Gloria Vando
(E.E. U.U., Nueva York, 1936). De familia procedente de Puerto Rico, Vando estudió en New York University, la Universidad de Ámsterdam y en la Académie Julián de París; ese cosmopolitismo se hace evidente en sus poemas. Es autora de Promesas: Geography of the Impossible (1993), un libro de poesía en el que analiza su encuentro personal con la historia del colonialismo y sus raíces familiares puertorriqueñas. En 1977, Vando fundó Helicon Nine Editions, una pequeña editorial basada en Kansas City que publicó la revista de arte y literatura femenina Helicon Nine durante diez años.
Noche de ronda
—a la memoria de Elvira Ríos
En París
anunciaban nuestra llegada
poniendo tu canción
y todos cantábamos
la letra con nuestros
playos tonos agudos
tu voz un mar profundo
en nuestras mentes. Hoy pongo
tus discos para Americans,
amigos que dicen qué
linda voz, pero no significa
nada especial para ellos—
y yo, todavía penando
cada vez que te encuentro
trenzada en mis memorias,
tu cabello azteca tirante
como un brillante puño cerrado,
tus labios, un clavel radiante
que manchaba la noche,
el velo de cigarrillos
que no podía tapar
tus ojos
ni tu canción, Elvira, tu canción,
un susurro oscuro
en mi corazón que decía
hija, siempre será así
siempre así.
(Traducción: Fabián O. Iriarte y Lisa R. Brandford)
Noche de ronda
—In memory of Elvira Rios
In Paris
they'd announce our arrival
by playing your song
and we'd all sing
the words in our shallow
high pitches
your voice ocean-deep
in our minds. Today I play
your records for my American
friends. They say
nice voice, but it means
nothing special to them—
and I, still aching
each time 1 find you
braided in my memories,
your Aztec hair sleeked back
into a tight fist,
your lips, a bright flower
staining the night,
the veil of cigarette smoke
unable to obscure
your eyes
or your song, Elvira, your song,
a dark whisper
in my heart telling me
hija, it's going to be tike this
always like this.
Gloria Vando's third book of poems, Shadows and Supposes (Arte Pùblico Press, University of Houston), won the Poetry Society of America’s Alice Fay Di Castagnola Award and the 2003 Best Poetry Book of the Year Award from the Latino Literary Hall of Fame. She has won numerous other awards and fellowships and her poems have appeared in many magazines, anthologies, texts, and have been adapted for the stage and presented at Lincoln Center and Off-Broadway. Her work is included in the new CD collection, Poetry on Record: 98 Poets Read Their Work, 1888-2006, which features poets from the dawn of sound-recording to the current day. It has just been nominated for a Grammy!

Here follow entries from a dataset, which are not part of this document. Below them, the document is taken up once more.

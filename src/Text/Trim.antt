-- ===== src/Text/Trim.antt =====
-- `strings.TrimSpace` on texts without blanks at their ends.
use mathlib.Core.List.{reverse, reverse-append, reverse-reverse}
use lmd.Prelude.{ℕ, false, [], ◌∷◌, ◌++◌, Bytes, ◌≡◌, refl, ap, sym, ◌∙◌}
use lmd.Text.{is_space, trim_left, trim_space}

trim_left-full : (x : ℕ) (s : Bytes) → is_space x ≡ false → trim_left (x ∷ s) ≡ x ∷ s
unfolding trim_left
trim_left-full x s full = rw full refl

-- A text with no blank at its ends is not trimmed.
pub trim_space-full :
    (x : ℕ) (s u : Bytes) (y : ℕ)
    → x ∷ s ≡ u ++ y ∷ []
    → is_space x ≡ false
    → is_space y ≡ false
    → trim_space (x ∷ s) ≡ x ∷ s
unfolding trim_space
trim_space-full x s u y is first last =
    ap (λ t. reverse (trim_left (reverse t))) (trim_left-full x s first)
    ∙ ap (λ t. reverse (trim_left t)) (ap reverse is ∙ reverse-append u (y ∷ []))
    ∙ ap reverse (trim_left-full y (reverse u) last)
    ∙ ap reverse (sym (ap reverse is ∙ reverse-append u (y ∷ [])))
    ∙ reverse-reverse (x ∷ s)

She is publisher and editor of Helicon Nine Editions, a non-profit literary press she founded 30 years ago, and for which she received the Kansas Governors Arts Award and an Editors Grant from the Coordinating Council of Literary Magazines. She has served on panels for the National Endowment for the Arts and many State Arts Councils, and as a judge for the National Book Series Awards. In 1992 she and her husband, Bill Hickok, founded The Writers Place, a literary center in Kansas City.

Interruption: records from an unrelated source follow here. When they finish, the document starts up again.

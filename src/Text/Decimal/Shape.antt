-- ===== src/Text/Decimal/Shape.antt =====
-- The digits of the decimal format, and the range of what is read.
use native.Mathlib.Decide.{dec_lt}
use lmd.Prelude.{
  ℕ, zero, suc, ◌+◌, ◌/◌, ◌%◌, ◌<◌, [], ◌∷◌, ◌++◌, Bytes, ◌≡◌, arith, ltb, if◌then◌else◌, Bool,
  true, false, Option, none, some,
}
use lmd.Text.Cut.{Lacks, Lacks-append}
use lmd.Text.Decimal.{digits, format_ℕ, IsDigit, in_range, unsigned, read_digits, atoi, InRange}
use lmd.Prelude.Int.{ℤ, pos, negsuc}

digits-last :
    (fuel n : ℕ) → n < fuel → (u : Bytes) × (y : ℕ) × (digits fuel n ≡ u ++ y ∷ []) × IsDigit y
unfolding digits
digits-last zero n h = absurd (omega arith)
digits-last (suc fuel) n h = elim (dec_lt n 10) [
  | yes small ↦ ([], b'0' + n % 10, ground arith, omega arith)
  | no large ↦ (digits fuel (n / 10), b'0' + n % 10, ground arith, omega arith)
]

pub format_ℕ-last : (n : ℕ) → (u : Bytes) × (y : ℕ) × (format_ℕ n ≡ u ++ y ∷ []) × IsDigit y
unfolding format_ℕ
format_ℕ-last n = digits-last (n + 1) n (omega arith)

if-Lacks :
    (sep : ℕ) (b : Bool) (s t : Bytes) → Lacks sep s → Lacks sep t → Lacks sep (if b then s else t)
if-Lacks sep true s t h h' = h
if-Lacks sep false s t h h' = h'

digits-Lacks : (sep fuel n : ℕ) → ¬ IsDigit sep → Lacks sep (digits fuel n)
unfolding digits
digits-Lacks sep zero n h = tt
digits-Lacks sep (suc fuel) n h =
    let last : Lacks sep ((b'0' + n % 10) ∷ []) = ((λ e. h (omega (arith, e))), tt) in
    if-Lacks sep (ltb n 10) _ _ last
      (Lacks-append sep (digits fuel (n / 10)) _ (digits-Lacks sep fuel (n / 10) h) last)

pub format_ℕ-Lacks : (sep n : ℕ) → ¬ IsDigit sep → Lacks sep (format_ℕ n)
unfolding format_ℕ
format_ℕ-Lacks sep n h = digits-Lacks sep (n + 1) n h

in_range-InRange :
    (negative : Bool) (n : Option ℕ) (i : ℤ) → in_range negative n ≡ some i → InRange i
in_range-InRange negative none i h = absurd (cc h)
in_range-InRange false (some n) (pos m) h = ground (arith, h)
in_range-InRange false (some n) (negsuc m) h = ground (arith, h)
in_range-InRange true (some zero) (pos m) h = ground (arith, h)
in_range-InRange true (some zero) (negsuc m) h = ground (arith, h)
in_range-InRange true (some (suc n)) (pos m) h = ground (arith, h)
in_range-InRange true (some (suc n)) (negsuc m) h = ground (arith, h)

unsigned-InRange : (negative : Bool) (s : Bytes) (i : ℤ) → unsigned negative s ≡ some i → InRange i
unsigned-InRange negative [] i h = absurd (cc h)
unsigned-InRange negative (c ∷ s) i h = in_range-InRange negative (read_digits 0 (c ∷ s)) i h

-- What is read is in the range of an int.
pub atoi-InRange : (s : Bytes) (i : ℤ) → atoi s ≡ some i → InRange i
unfolding atoi
atoi-InRange [] i h = absurd (cc h)
atoi-InRange (c ∷ s) i h =
    ground (
      arith,
      unsigned-InRange true s i,
      unsigned-InRange false s i,
      unsigned-InRange false (c ∷ s) i,
    )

FLAG DAY AT UNION CEMETERY
I enter the clearing
the way we sometimes enter dreams,
the door to the afternoon
clicking behind me,
caution setting like a sun.
On my own, I stand in the center
of this hard-edged lawn,
dwarfed and domed
by a neutered sky, and wonder
how long it would take to turn
me into stone, dust, song—
a process rousing itself
with every incarnation.
When we were children, we’d
whirl each other around,
our skirts unfurling
like these 5,000 banners
waving from the dead—
then we’d let go
and each spun form
would freeze at a command,
breath and laughter chiseled
into pillars, like the headstones here—
exclamations marking
each life’s absurd spin, guffawing
in perfect unison,
in perfect deadly rows.
SHADOWS & SUPPOSES
On a train, going backward, I watch
what I've already passed, see what's
about to appear superimposed on
my husband's glasses. The world melds
into a wild collage: steeples bridge
evergreens, skies tear mountains apart
with their eyes, rococo gargoyles claw
my back, float like Chagall goats over
mansard roofs and crenelated towers.
I want to preserve each moment-my life,
like the photos I take, layered with innuendo,
possibility curtsying in a three-way mirror
at some unlived yet remembered dream.
Myths, Sagan calls them, those things
that never happened, yet are and always
will be-and here I am, neither myth
nor mythmaker, speeding backward from
my ancestor the mite to some assignation
in the future when what's about to come
might have already come and gone.
THE FALCONER TIES HIS MATE TO THE BLOCK
He keeps a short rein on her,
showering her with beepers,
cell phones, walkie-talkies,
so when he casts her off, her
primaries can only take her
so far—the lure, the quarry,
merely illusions he flushes for
her edification. He is master,
wielding the bow net, wearing
the gauntlet. When he whistles
she returns at once, offering
her slim ankles one at a time
for the jesses, her head bowed
for the hood. At home
he’s installed an elaborate
intercom so he can hear her
breathe, hear her bate,
hear her sizzle as she screams
through the night air, spiraling
with him in her dreams.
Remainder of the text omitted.